• **Directions**:
Retype the whole of the data exactly.

• **Provided data**:
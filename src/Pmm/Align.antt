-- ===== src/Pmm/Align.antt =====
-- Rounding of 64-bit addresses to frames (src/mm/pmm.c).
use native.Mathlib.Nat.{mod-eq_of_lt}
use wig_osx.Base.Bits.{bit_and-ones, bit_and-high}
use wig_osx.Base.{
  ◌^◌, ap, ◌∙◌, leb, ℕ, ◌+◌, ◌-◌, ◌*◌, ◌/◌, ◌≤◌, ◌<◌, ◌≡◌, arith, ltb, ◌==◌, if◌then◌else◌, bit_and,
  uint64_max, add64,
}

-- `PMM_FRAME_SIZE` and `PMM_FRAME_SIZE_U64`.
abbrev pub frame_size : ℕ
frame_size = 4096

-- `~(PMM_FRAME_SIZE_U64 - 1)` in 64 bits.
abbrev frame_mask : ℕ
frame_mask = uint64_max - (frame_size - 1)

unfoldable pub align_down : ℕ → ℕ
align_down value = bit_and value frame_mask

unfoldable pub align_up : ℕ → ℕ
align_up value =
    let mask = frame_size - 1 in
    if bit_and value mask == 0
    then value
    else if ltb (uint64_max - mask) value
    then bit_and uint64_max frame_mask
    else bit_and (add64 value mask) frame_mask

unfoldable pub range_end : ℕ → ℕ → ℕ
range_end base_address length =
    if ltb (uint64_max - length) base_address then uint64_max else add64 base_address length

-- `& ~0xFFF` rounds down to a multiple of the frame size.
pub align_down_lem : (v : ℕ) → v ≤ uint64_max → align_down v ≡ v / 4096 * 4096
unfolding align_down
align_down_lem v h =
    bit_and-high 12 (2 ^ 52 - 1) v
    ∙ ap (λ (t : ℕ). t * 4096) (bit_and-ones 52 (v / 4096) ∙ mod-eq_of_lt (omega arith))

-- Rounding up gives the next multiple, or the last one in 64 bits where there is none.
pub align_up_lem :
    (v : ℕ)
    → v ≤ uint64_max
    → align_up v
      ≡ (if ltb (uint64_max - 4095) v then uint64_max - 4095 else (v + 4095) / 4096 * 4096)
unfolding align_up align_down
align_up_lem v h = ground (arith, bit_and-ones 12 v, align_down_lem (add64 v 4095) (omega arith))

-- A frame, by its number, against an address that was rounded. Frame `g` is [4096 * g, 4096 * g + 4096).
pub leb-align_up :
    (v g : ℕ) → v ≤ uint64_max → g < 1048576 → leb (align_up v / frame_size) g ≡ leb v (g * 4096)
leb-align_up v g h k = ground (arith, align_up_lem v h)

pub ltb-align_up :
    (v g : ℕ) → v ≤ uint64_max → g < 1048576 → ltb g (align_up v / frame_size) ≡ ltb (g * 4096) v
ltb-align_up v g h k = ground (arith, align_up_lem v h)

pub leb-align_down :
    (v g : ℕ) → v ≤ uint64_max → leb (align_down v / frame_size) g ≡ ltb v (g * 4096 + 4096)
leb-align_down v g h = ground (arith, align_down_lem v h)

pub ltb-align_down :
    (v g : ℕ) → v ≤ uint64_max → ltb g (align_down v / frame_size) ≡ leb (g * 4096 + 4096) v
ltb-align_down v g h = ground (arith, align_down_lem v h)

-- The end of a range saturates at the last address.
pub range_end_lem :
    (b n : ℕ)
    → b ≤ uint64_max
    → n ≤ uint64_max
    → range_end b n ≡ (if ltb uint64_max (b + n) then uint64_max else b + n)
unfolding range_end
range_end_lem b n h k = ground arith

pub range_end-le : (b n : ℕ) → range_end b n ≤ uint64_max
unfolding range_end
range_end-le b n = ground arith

• **Result below**:
filename src/Pmm/Align.antt
-- ===== src/Pmm/Align.antt =====
-- Rounding of 64-bit addresses to frames (src/mm/pmm.c).
use native.Mathlib.Nat.{mod-eq_of_lt}
use wig_osx.Base.Bits.{bit_and-ones, bit_and-high}
use wig_osx.Base.{
  ◌^◌, ap, ◌∙◌, leb, ℕ, ◌+◌, ◌-◌, ◌*◌, ◌/◌, ◌≤◌, ◌<◌, ◌≡◌, arith, ltb, ◌==◌, if◌then◌else◌, bit_and,
  uint64_max, add64,
}

-- `PMM_FRAME_SIZE` and `PMM_FRAME_SIZE_U64`.
abbrev pub frame_size : ℕ
frame_size = 4096

-- `~(PMM_FRAME_SIZE_U64 - 1)` in 64 bits.
abbrev frame_mask : ℕ
frame_mask = uint64_max - (frame_size - 1)

unfoldable pub align_down : ℕ → ℕ
align_down value = bit_and value frame_mask

unfoldable pub align_up : ℕ → ℕ
align_up value =
    let mask = frame_size - 1 in
    if bit_and value mask == 0
    then value
    else if ltb (uint64_max - mask) value
    then bit_and uint64_max frame_mask
    else bit_and (add64 value mask) frame_mask

unfoldable pub range_end : ℕ → ℕ → ℕ
range_end base_address length =
    if ltb (uint64_max - length) base_address then uint64_max else add64 base_address length

-- `& ~0xFFF` rounds down to a multiple of the frame size.
pub align_down_lem : (v : ℕ) → v ≤ uint64_max → align_down v ≡ v / 4096 * 4096
unfolding align_down
align_down_lem v h =
    bit_and-high 12 (2 ^ 52 - 1) v
    ∙ ap (λ (t : ℕ). t * 4096) (bit_and-ones 52 (v / 4096) ∙ mod-eq_of_lt (omega arith))

-- Rounding up gives the next multiple, or the last one in 64 bits where there is none.
pub align_up_lem :
    (v : ℕ)
    → v ≤ uint64_max
    → align_up v
      ≡ (if ltb (uint64_max - 4095) v then uint64_max - 4095 else (v + 4095) / 4096 * 4096)
unfolding align_up align_down
align_up_lem v h = ground (arith, bit_and-ones 12 v, align_down_lem (add64 v 4095) (omega arith))

-- A frame, by its number, against an address that was rounded. Frame `g` is [4096 * g, 4096 * g + 4096).
pub leb-align_up :
    (v g : ℕ) → v ≤ uint64_max → g < 1048576 → leb (align_up v / frame_size) g ≡ leb v (g * 4096)
leb-align_up v g h k = ground (arith, align_up_lem v h)

pub ltb-align_up :
    (v g : ℕ) → v ≤ uint64_max → g < 1048576 → ltb g (align_up v / frame_size) ≡ ltb (g * 4096) v
ltb-align_up v g h k = ground (arith, align_up_lem v h)

pub leb-align_down :
    (v g : ℕ) → v ≤ uint64_max → leb (align_down v / frame_size) g ≡ ltb v (g * 4096 + 4096)
leb-align_down v g h = ground (arith, align_down_lem v h)

pub ltb-align_down :
    (v g : ℕ) → v ≤ uint64_max → ltb g (align_down v / frame_size) ≡ leb (g * 4096 + 4096) v
ltb-align_down v g h = ground (arith, align_down_lem v h)

-- The end of a range saturates at the last address.
pub range_end_lem :
    (b n : ℕ)
    → b ≤ uint64_max
    → n ≤ uint64_max
    → range_end b n ≡ (if ltb uint64_max (b + n) then uint64_max else b + n)
unfolding range_end
range_end_lem b n h k = ground arith

pub range_end-le : (b n : ℕ) → range_end b n ≤ uint64_max
unfolding range_end
range_end-le b n = ground arith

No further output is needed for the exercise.